# Sattel - Tipps gesucht



## Junikind73 (2. Juni 2013)

Erstmal ein Hallo, 

ich bin Neu hier. Habe mich hier angemeldet, nachdem ich heute schon kreuz und quer nach meinem "Problem" gegoogelt habe. Problem ist der Sattel.... Ein bißchen Popoweh ist kein Problem, die heftigen Schmerzen im Schambereich verderben aber manchmal den Spaß. So war das heute der Grund umzudrehen  

Satteleinstellung schon mehrfach geprüft und geändert. Hose passt auch. Bei meiner bisherigen google Suche bin ich auf zwei Sättel gestossen, die dieses Problem anscheinend "mildern" können. Das eine war der "Selle Italia Sattel LADY GEL FLOW" und der andere der "Specialized Jett Comp Gel Women". 

Kennt ihr die und kann jemand was dazu sagen / Erfahrungswerte etc.

Bin nur Freizeitfahrerin, also Wo'ende mal unterwegs, so zwischen 20-40 km, bin absolute Einsteigerin und dazu auch nicht soo leicht.

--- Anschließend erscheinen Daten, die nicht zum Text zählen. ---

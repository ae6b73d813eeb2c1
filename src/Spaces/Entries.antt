-- ===== src/Spaces/Entries.antt =====
-- One entry of a directory: how a write of an entry shows in `page_get`, and what `insert_page` of
-- Spaces/Tmp.antt does.
use makarna_x.Base.{
  ℕ, ◌/◌, ◌%◌, ◌<◌, ◌≤◌, ◌≡◌, refl, ap, ◌∙◌, inl, inr, Bool, true, false, ◌&&◌, none, some, ◌==◌,
  ltb, leb, arith, Option-cases, Bool-cases, if◌then◌else◌,
}
use makarna_x.DenemeFs.Store.{done}
use makarna_x.Memory.Pages.{Memory, put, refcount_inc, inc20, inc32}
use makarna_x.Memory.Virtual.{
  Layout, Pte, PageDirInfo, pdx, ptx, page_get, put_pte, counted, round_down,
}
use makarna_x.Flow.{◌>>◌}
use makarna_x.Spaces.Tmp.{pte_of, raise_area, link_page, insert_at, insert_page, remove_old}

-- The table of the address is there.
abbrev pub HasTable : PageDirInfo → ℕ → Type 0
HasTable d va = (pte : Pte) × (page_get d va ≡ some pte)

same_page : (a b : ℕ) → a / 1024 ≡ b / 1024 → a % 1024 ≡ b % 1024 → a ≡ b
same_page a b q r = omega (arith, q, r)

-- The entries after a write: the new one for the addresses of its page, if the table is there.
pub page_get-put_pte :
    (d : PageDirInfo) (va x : ℕ) (v pte : Pte)
    → page_get d va ≡ some pte
    → page_get (put_pte d va v) x ≡ (if va / 4096 == x / 4096 then some v else page_get d x)
unfolding page_get
page_get-put_pte d va x v pte there = elim (Bool-cases (pdx va == pdx x)) [
  | inr apart ↦
      let differ : (va / 4096 == x / 4096) ≡ false = ground (arith, apart) in
      ground (arith, apart, differ)
  | inl same ↦ elim (Option-cases (d.pgtables (pdx x))) [
    | inl missing ↦
        let e : pdx va ≡ pdx x = ground (arith, same) in absurd (ground (arith, there, e, missing))
    | inr (t, at) ↦ elim (Bool-cases (ptx va == ptx x)) [
      | inl here ↦
          let equal : (va / 4096 == x / 4096) ≡ true =
            ground (arith, same, here, same_page (va / 4096) (x / 4096)) in
          ground (arith, same, at, here, equal)
      | inr other ↦
          let differ : (va / 4096 == x / 4096) ≡ false = ground (arith, other) in
          ground (arith, same, at, other, differ)
    ]
  ]
]

-- The address lies in the area of the user, or in that of the kernel.
abbrev pub IsUser : Layout → ℕ → Type 0
IsUser l va = (l.user_base ≤ round_down va) × (round_down va < l.user_top)

abbrev pub in_user : Layout → ℕ → Bool
in_user l va = leb l.user_base (round_down va) && ltb (round_down va) l.user_top

abbrev pub in_kernel : Layout → ℕ → Bool
in_kernel l va = leb l.kernel_base (round_down va) && ltb (round_down va) l.kernel_top

-- The directory after an entry of the page `p` was put in at `va`, by the area of the address.
abbrev pub entered : PageDirInfo → Memory → ℕ → Pte → Bool → PageDirInfo
entered d m va v user =
    let e = put_pte (record d { memory = m }) va v in
    if user
    then record e { count_user = inc32 d.count_user }
    else record e { count_kernel = inc32 d.count_kernel }

pub raise_area-entered :
    (d : PageDirInfo) (m : Memory) (rc va : ℕ) (v : Pte) (a b : Bool)
    → (a ≡ false → b ≡ true)
    → counted rc d (raise_area a b (put_pte (record d { memory = m }) va v))
      ≡ (done rc, entered d m va v a)
raise_area-entered d m rc va v true b h = refl
raise_area-entered d m rc va v false true h = refl
raise_area-entered d m rc va v false false h = absurd (ground (arith, h refl))

-- The memory with one reference of the page more.
abbrev pub referred : Memory → ℕ → Memory
referred m p = record m {
  pages = put m.pages p (record (m.pages p) { next_or_ref = inc20 (m.pages p).next_or_ref });
}

pub refcount_inc_used :
    (m : Memory) (p : ℕ)
    → (m.pages p).free ≡ false
    → refcount_inc m p ≡ some (inc20 (m.pages p).next_or_ref, referred m p)
unfolding refcount_inc
refcount_inc_used m p used =
    ap (λ b. if b then none else some (inc20 (m.pages p).next_or_ref, referred m p)) used

-- `insert_page` of a page in use, at an address that has no page yet.
pub insert_page_fresh :
    (d : PageDirInfo) (p va perm : ℕ) (pte : Pte)
    → page_get d va ≡ some pte
    → pte.present ≡ false
    → (d.memory.pages p).free ≡ false
    → (in_user d.layout va ≡ false → in_kernel d.layout va ≡ true)
    → insert_page p va perm d ≡ (
      done (inc20 (d.memory.pages p).next_or_ref),
      entered d (referred d.memory p) va (pte_of p perm) (in_user d.layout va),
    )
unfolding insert_page
insert_page_fresh d p va perm pte there absent used area =
    ap (λ o. insert_at p va perm o d) there
    ∙ ap (λ b. (remove_old va b >> λ e. link_page p va perm e (refcount_inc e.memory p)) d) absent
    ∙ ap (link_page p va perm d) (refcount_inc_used d.memory p used)
    ∙ raise_area-entered d (referred d.memory p) (inc20 (d.memory.pages p).next_or_ref) va
        (pte_of p perm) (in_user d.layout va) (in_kernel d.layout va) area

-- `page_get` after it.
pub page_get-entered :
    (d : PageDirInfo) (m : Memory) (va x : ℕ) (v pte : Pte) (user : Bool)
    → page_get d va ≡ some pte
    → page_get (entered d m va v user) x ≡ (if va / 4096 == x / 4096 then some v else page_get d x)
unfolding page_get
page_get-entered d m va x v pte true there = page_get-put_pte d va x v pte there
page_get-entered d m va x v pte false there = page_get-put_pte d va x v pte there

pub layout-entered :
    (d : PageDirInfo) (m : Memory) (va : ℕ) (v : Pte) (user : Bool)
    → (entered d m va v user).layout ≡ d.layout
layout-entered d m va v true = refl
layout-entered d m va v false = refl

pub memory-entered :
    (d : PageDirInfo) (m : Memory) (va : ℕ) (v : Pte) (user : Bool)
    → (entered d m va v user).memory ≡ m
memory-entered d m va v true = refl
memory-entered d m va v false = refl
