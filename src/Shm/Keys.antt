-- ===== src/Shm/Keys.antt =====
-- New nodes in the hash tables of kernel/ipc/shared_memory.cpp.
use makarna_x.Base.{
  ℕ, ◌%◌, ◌≡◌, ◌≢◌, refl, sym, ap, ◌∙◌, inl, inr, true, false, Option, none, some, List, [], ◌∷◌,
  ◌==◌, arith, if◌then◌else◌, has, subst,
}
use makarna_x.DenemeFs.Store.{done}
use makarna_x.Hash.Table.{IdHashTable, is_free, put, get}
use makarna_x.Hash.Chains.{IsChain, lookup, WellFormed, get-lookup}
use makarna_x.Hash.Laws.{put-get}
use makarna_x.Flow.{chain}
use makarna_x.Shm.State.{new_node}

-- A node in no chain.
abbrev pub IsApart : (ℕ → List ℕ) → ℕ → Type 0
IsApart c a = (b : ℕ) → has a (c b) ≡ false

IsChain-new :
    (t : IdHashTable) (a id : ℕ) (o : Option ℕ) (ns : List ℕ)
    → has a ns ≡ false
    → IsChain t.next o ns
    → IsChain (new_node t a id).next o ns
IsChain-new t a id o [] out h = h
IsChain-new t a id o (n ∷ ns) out (e, chain) =
    let apart : (a == n) ≡ false = ground (arith, out) in
    (
      e,
      subst (λ x. IsChain (new_node t a id).next x ns)
          (ap (λ b. if b then none else t.next n) (sym apart))
          (IsChain-new t a id (t.next n) ns (ground (arith, out)) chain),
    )

-- A table stays well-formed when a node in no chain gets a new id.
pub WellFormed-new_node :
    (c : ℕ → List ℕ) (t : IdHashTable) (a id : ℕ)
    → IsApart c a
    → WellFormed c t
    → WellFormed c (new_node t a id)
WellFormed-new_node c t a id out h = record {
  chains = λ b. IsChain-new t a id (t.table b) (c b) (out b) (h.chains b);
  taken = λ b n listed.
      let apart : a ≢ n = λ e. absurd (ground (arith, out b, listed, e)) in
      ground (arith, h.taken b n listed, apart);
  bounded = h.bounded;
}

pub lookup-new :
    (t : IdHashTable) (a id key : ℕ) (ns : List ℕ)
    → has a ns ≡ false
    → lookup (new_node t a id).id key ns ≡ lookup t.id key ns
lookup-new t a id key [] out = refl
lookup-new t a id key (n ∷ ns) out =
    let apart : (a == n) ≡ false = ground (arith, out) in
    ground (arith, apart, lookup-new t a id key ns)

pub get-new_node :
    (c : ℕ → List ℕ) (t : IdHashTable) (a id key : ℕ)
    → IsApart c a
    → WellFormed c t
    → get key (new_node t a id) ≡ get key t
get-new_node c t a id key out h =
    get-lookup c (new_node t a id) key (WellFormed-new_node c t a id out h)
    ∙ ap some (lookup-new t a id key (c (key % t.table_size)) (out (key % t.table_size)))
    ∙ sym (get-lookup c t key h)

new_node-is_free : (t : IdHashTable) (a id : ℕ) → is_free (new_node t a id) a ≡ true
new_node-is_free t a id = ground arith

new_node-id : (t : IdHashTable) (a id : ℕ) → (new_node t a id).id a ≡ id
new_node-id t a id = ground arith

-- `put` of a new node whose id no node has.
pub put-new_node :
    (c : ℕ → List ℕ) (t : IdHashTable) (a id : ℕ)
    → IsApart c a
    → WellFormed c t
    → get id t ≡ some none
    → (u : IdHashTable) × (put a (new_node t a id) ≡ (done tt, u))
      × (get id u ≡ some (some a))
      × ((key : ℕ) → id ≢ key → get key u ≡ get key t)
put-new_node c t a id out h missing =
    let n = new_node t a id in
    let at = new_node-id t a id in
    elim (put-get c n a (WellFormed-new_node c t a id out h) (new_node-is_free t a id)) [
      | inl (i, found, run) ↦ absurd (
          cc (
            sym (subst (λ k. get k n ≡ some (some i)) at found)
            ∙ get-new_node c t a id id out h
            ∙ missing))
      | inr (u, gone, run, well, here, others) ↦ (
        u,
        run,
        subst (λ k. get k u ≡ some (some a)) at here,
        λ key apart. others key (λ e. apart (sym at ∙ e)) ∙ get-new_node c t a id key out h,
      )
    ]
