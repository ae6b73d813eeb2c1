-- ===== src/Shm/Created.antt =====
-- `sys_shmget` of kernel/ipc/shared_memory.cpp: what a key gives after it.
use makarna_x.Base.{
  ℕ, ◌≤◌, ◌≡◌, refl, ap, ◌∙◌, false, ◌||◌, none, some, List, [], ◌∷◌, ltb, arith, if◌then◌else◌,
}
use makarna_x.DenemeFs.Store.{Outcome, done, fails}
use makarna_x.Memory.Pages.{Memory, page_alloc, refcount_inc, inc20, inc32}
use makarna_x.Hash.Table.{IdHashTable, put, get}
use makarna_x.Hash.Chains.{WellFormed}
use makarna_x.Flow.{continue, chain, branch_done, ◌>>=◌, fail}
use makarna_x.Spaces.State.{on_memory_end, on_memory}
use makarna_x.Spaces.Tmp.{alloc_page, page_or_enomem}
use makarna_x.Spaces.Entries.{referred, refcount_inc_used}
use makarna_x.Shm.State.{
  Shm, in_vm, kmalloc, given, kfree, read_cli, refuse, new_node, put_key, put_id, get_key, or_halt,
  put_info, put_over,
}
use makarna_x.Shm.Calls.{register, with_info, create_only, lookup_only, sys_shmget}
use makarna_x.Shm.Keys.{IsApart, put-new_node}

-- New memory can be made for the key: the tables are in order, and an id, an address and a page are left.
pub record CanCreate (ck ci : ℕ → List ℕ) (key a p : ℕ) (rest : List ℕ) (n : Memory) (s : Shm)
    : Type 0 where
  pub keys : WellFormed ck s.key_ht
  pub ids : WellFormed ci s.id_ht
  pub heap : s.heap ≡ a ∷ rest
  pub no_key : IsApart ck a
  pub no_id : IsApart ci a
  pub new_key : get key s.key_ht ≡ some none
  pub new_id : get s.next_shm_id s.id_ht ≡ some none
  pub id_left : s.next_shm_id ≤ 1023
  pub page : page_alloc s.vm.memory ≡ some (some p, n)
  pub used : (n.pages p).free ≡ false

-- The state after the call, with the two tables.
abbrev created : Shm → ℕ → ℕ → ℕ → ℕ → List ℕ → Memory → IdHashTable → IdHashTable → Shm
created s key size a p rest n kt it =
    record (put_info s a
      (record { id = s.next_shm_id; key = key; size = size; page = p; task_list = [] })) {
        vm = record s.vm { memory = referred n p };
        key_ht = kt;
        id_ht = it;
        next_shm_id = inc32 s.next_shm_id;
        heap = rest;
      }

-- The state before the page is taken.
abbrev waiting : Shm → List ℕ → Shm
waiting s rest = record s { enabled = false; next_shm_id = inc32 s.next_shm_id; heap = rest }

page_run :
    (s : Shm) (p : ℕ) (n : Memory)
    → page_alloc s.vm.memory ≡ some (some p, n)
    → in_vm alloc_page s ≡ (done p, record s { vm = record s.vm { memory = n } })
page_run s p n run =
    ap
      (λ o.
        let w = on_memory_end s.vm o in
        let x = continue page_or_enomem w.0 w.1 in (x.0, record s { vm = x.1 }))
      run

ref_run :
    (s : Shm) (p : ℕ)
    → (s.vm.memory.pages p).free ≡ false
    → in_vm (on_memory (λ m. refcount_inc m p)) s ≡ (
      done (inc20 (s.vm.memory.pages p).next_or_ref),
      record s { vm = record s.vm { memory = referred s.vm.memory p } },
    )
ref_run s p used =
    ap (λ o. let w = on_memory_end s.vm o in (w.0, record s { vm = w.1 }))
      (refcount_inc_used s.vm.memory p used)

key_run :
    (s : Shm) (a : ℕ) (t : IdHashTable)
    → put a s.key_ht ≡ (done tt, t)
    → put_key a s ≡ (done tt, record s { key_ht = t })
key_run s a t run =
    ap (λ (r : Outcome (Unit {0}) × IdHashTable). (put_over r.0, record s { key_ht = r.1 })) run

id_run :
    (s : Shm) (a : ℕ) (t : IdHashTable)
    → put a s.id_ht ≡ (done tt, t)
    → put_id a s ≡ (done tt, record s { id_ht = t })
id_run s a t run =
    ap (λ (r : Outcome (Unit {0}) × IdHashTable). (put_over r.0, record s { id_ht = r.1 })) run

-- `sys_shmget` with the flag 1 and a key that no memory has: it returns the next id, with the
-- interrupts as before; the id and the key now give the new memory, which has the page.
pub sys_shmget_creates :
    (ck ci : ℕ → List ℕ) (key size a p : ℕ) (rest : List ℕ) (n : Memory) (s : Shm)
    → size ≤ 4096
    → CanCreate ck ci key a p rest n s
    → (w : Shm) × (sys_shmget key size 1 s ≡ (done s.next_shm_id, w))
      × (w.enabled ≡ s.enabled)
      × (get key w.key_ht ≡ some (some a))
      × (get s.next_shm_id w.id_ht ≡ some (some a))
      × ((w.infos a).id ≡ s.next_shm_id)
      × ((w.infos a).page ≡ p)
unfolding sys_shmget
sys_shmget_creates ck ci key size a p rest n s small c =
    let id = s.next_shm_id in
    let e = s.enabled in
    let (kt, put_k, found_k, others_k) = put-new_node ck s.key_ht a key c.no_key c.keys c.new_key in
    let (it, put_i, found_i, others_i) = put-new_node ci s.id_ht a id c.no_id c.ids c.new_id in
    let w = created s key size a p rest n kt it in
    let s1 = record s { enabled = false } in
    let s2 = record s1 { next_shm_id = inc32 id } in
    let s3 = waiting s rest in
    let s4 = record s3 { vm = record s.vm { memory = n } } in
    let s5 = record s3 { vm = record s.vm { memory = referred n p } } in
    let s6 =
      put_info (record s5 { key_ht = new_node s.key_ht a key; id_ht = new_node s.id_ht a id }) a
        (record { id = id; key = key; size = size; page = p; task_list = [] }) in
    let s7 = record s6 { key_ht = kt } in
    let fits : ltb 4096 size ≡ false = ground (arith, small) in
    let left : ltb 1023 id ≡ false = ground (arith, c.id_left) in
    (
      w,
      ap
            (λ b.
              (if b || false
                  then fail 1
                  else (read_cli >>= λ x. get_key key >>= create_only key size x))
                s)
            fits
          ∙ ap (λ o. let r = or_halt o s1 in continue (create_only key size e) r.0 r.1) c.new_key
          ∙ ap (λ b. (if b then fail 1 else (kmalloc >>= with_info id key size e)) s2) left
          ∙ ap (λ h. let r = given s2 h in continue (with_info id key size e) r.0 r.1) c.heap
          ∙ branch_done (in_vm alloc_page)
              (λ q. in_vm (on_memory (λ m. refcount_inc m q)) >>= λ x. register a q id key size e)
              (λ x. kfree a >>= λ y. refuse e) s3 s4 p (page_run s3 p n c.page)
          ∙ chain (in_vm (on_memory (λ m. refcount_inc m p))) (λ x. register a p id key size e) s4
              s5 (inc20 (n.pages p).next_or_ref) (ref_run s4 p c.used)
          ∙ ap
              (λ (r : Outcome (Unit {0}) × Shm).
                continue (λ x. put_id a >>= λ y u. (done id, record u { enabled = e })) r.0 r.1)
              (key_run s6 a kt put_k)
          ∙ ap
              (λ (r : Outcome (Unit {0}) × Shm).
                continue (λ y u. (done id, record u { enabled = e })) r.0 r.1)
              (id_run s7 a it put_i),
      refl,
      found_k,
      found_i,
      ground arith,
      ground arith,
    )

-- With the flag 0, `sys_shmget` gives the id of the memory that has the key, and leaves all as it was.
pub sys_shmget_finds :
    (key size a : ℕ) (s : Shm)
    → size ≤ 4096
    → get key s.key_ht ≡ some (some a)
    → sys_shmget key size 0 s ≡ (done (s.infos a).id, s)
unfolding sys_shmget
sys_shmget_finds key size a s small found =
    let fits : ltb 4096 size ≡ false = ground (arith, small) in
    ap (λ b. (if b || false then fail 1 else (read_cli >>= λ x. get_key key >>= lookup_only x)) s)
      fits
    ∙ ap
        (λ o.
          let r = or_halt o (record s { enabled = false }) in
          continue (lookup_only s.enabled) r.0 r.1)
        found

-- With the flag 1 and a key that is taken, it returns -1 with the interrupts off.
sys_shmget_twice :
    (key size a : ℕ) (s : Shm)
    → size ≤ 4096
    → get key s.key_ht ≡ some (some a)
    → sys_shmget key size 1 s ≡ (fails 1, record s { enabled = false })
unfolding sys_shmget
sys_shmget_twice key size a s small found =
    let fits : ltb 4096 size ≡ false = ground (arith, small) in
    ap
      (λ b.
        (if b || false then fail 1 else (read_cli >>= λ x. get_key key >>= create_only key size x))
          s)
      fits
    ∙ ap
        (λ o.
          let r = or_halt o (record s { enabled = false }) in
          continue (create_only key size s.enabled) r.0 r.1)
        found

abbrev done_with : ℕ → Shm → Outcome ℕ × Shm
done_with x u = (done x, u)

-- Where new memory can be made for a key, `sys_shmget` with the flag 1 gives the next id and the interrupts
-- are as before; then `sys_shmget` with the flag 0 gives that id for the key, whatever size up to
-- 4096 it asks for, and changes nothing; and `sys_shmget` with the flag 1 again returns -1
-- and leaves the interrupts off.
pub sys_shmget-sys_shmget :
    (ck ci : ℕ → List ℕ) (key size a p : ℕ) (rest : List ℕ) (n : Memory) (s : Shm)
    → size ≤ 4096
    → CanCreate ck ci key a p rest n s
    → (w : Shm) × (sys_shmget key size 1 s ≡ (done s.next_shm_id, w))
      × (w.enabled ≡ s.enabled)
      × ((any : ℕ) → any ≤ 4096 → sys_shmget key any 0 w ≡ (done s.next_shm_id, w))
      × ((any : ℕ) → any ≤ 4096 → sys_shmget key any 1 w ≡ (fails 1, record w { enabled = false }))
sys_shmget-sys_shmget ck ci key size a p rest n s small c =
    let (w, run, on, has_key, has_id, id, page) =
      sys_shmget_creates ck ci key size a p rest n s small c in
    (
      w,
      run,
      on,
      λ any fits. sys_shmget_finds key any a w fits has_key ∙ ap (λ x. done_with x w) id,
      λ any fits. sys_shmget_twice key any a w fits has_key,
    )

Danke schon mal für Tipps, Anregungen etc., lg Elke


----------



## Frau Rauscher (2. Juni 2013)

Als Tipp auch der specialized henge. Da sitze ich sehr auf den sitzknochen. 
Oder auch ein sq Lab.

Vielleicht findest du einen Händler bei dem du Sättel testen kannst. Kann dauern bis man "seinen" findet


----------



## MTB-News.de




----------



## Sleyvas (2. Juni 2013)

SQ Lab 611 active! Optisch etwas Gewöhnungssache aber genial! Seitdem ich ihn fahre, habe ich in der Hinsicht keinen Probleme mehr


----------



## Veloce (2. Juni 2013)

Dein jetziger Sattel ist zu schmal .
Lass Deinen Sitzknochenabstand im Fachgeschäft messen bzw probiere
einen breiteren ebenen Sattel aus . Viele Sättel sind zwar nominell breit genug aber so gewölbt das  die effektive Sitzfläche zu schmal ist .
Empfehlenswert sind z. B der Specialiced Henge , Sonoma Wmn oder Jett
Wmn .


----------



## simply-out (3. Juni 2013)

Empfehlungen im Forum bei diesem Problem sind wirklich schwierig... Jeder Po ist anders, die Radgeometrie spielt eine Rolle, usw. usf.
Ich kann leider nicht erkennen, wo Du wohnst/herkommst. Aber bei uns in Essen gibt es einen Radladen, der sich auf das "gesunde Fahren" spezialisiert hat und Dich komplett vermisst um dann das für Dich Sinnvollste zu empfehlen!
www.bergetappe.de
Anne (Inhaberin) hat sich als Fachärztin für Allgemeinmedizin auf Ergonomieberatung und Bikefitting spezialisiert! 
Wenn Du nicht aus Essen/Umgebung kommst, dann kannst Du ja mal bei Dir in der Gegend schauen, ob Du nicht auch unter dem Stichwort Bikefitting etwas ergooglen kannst!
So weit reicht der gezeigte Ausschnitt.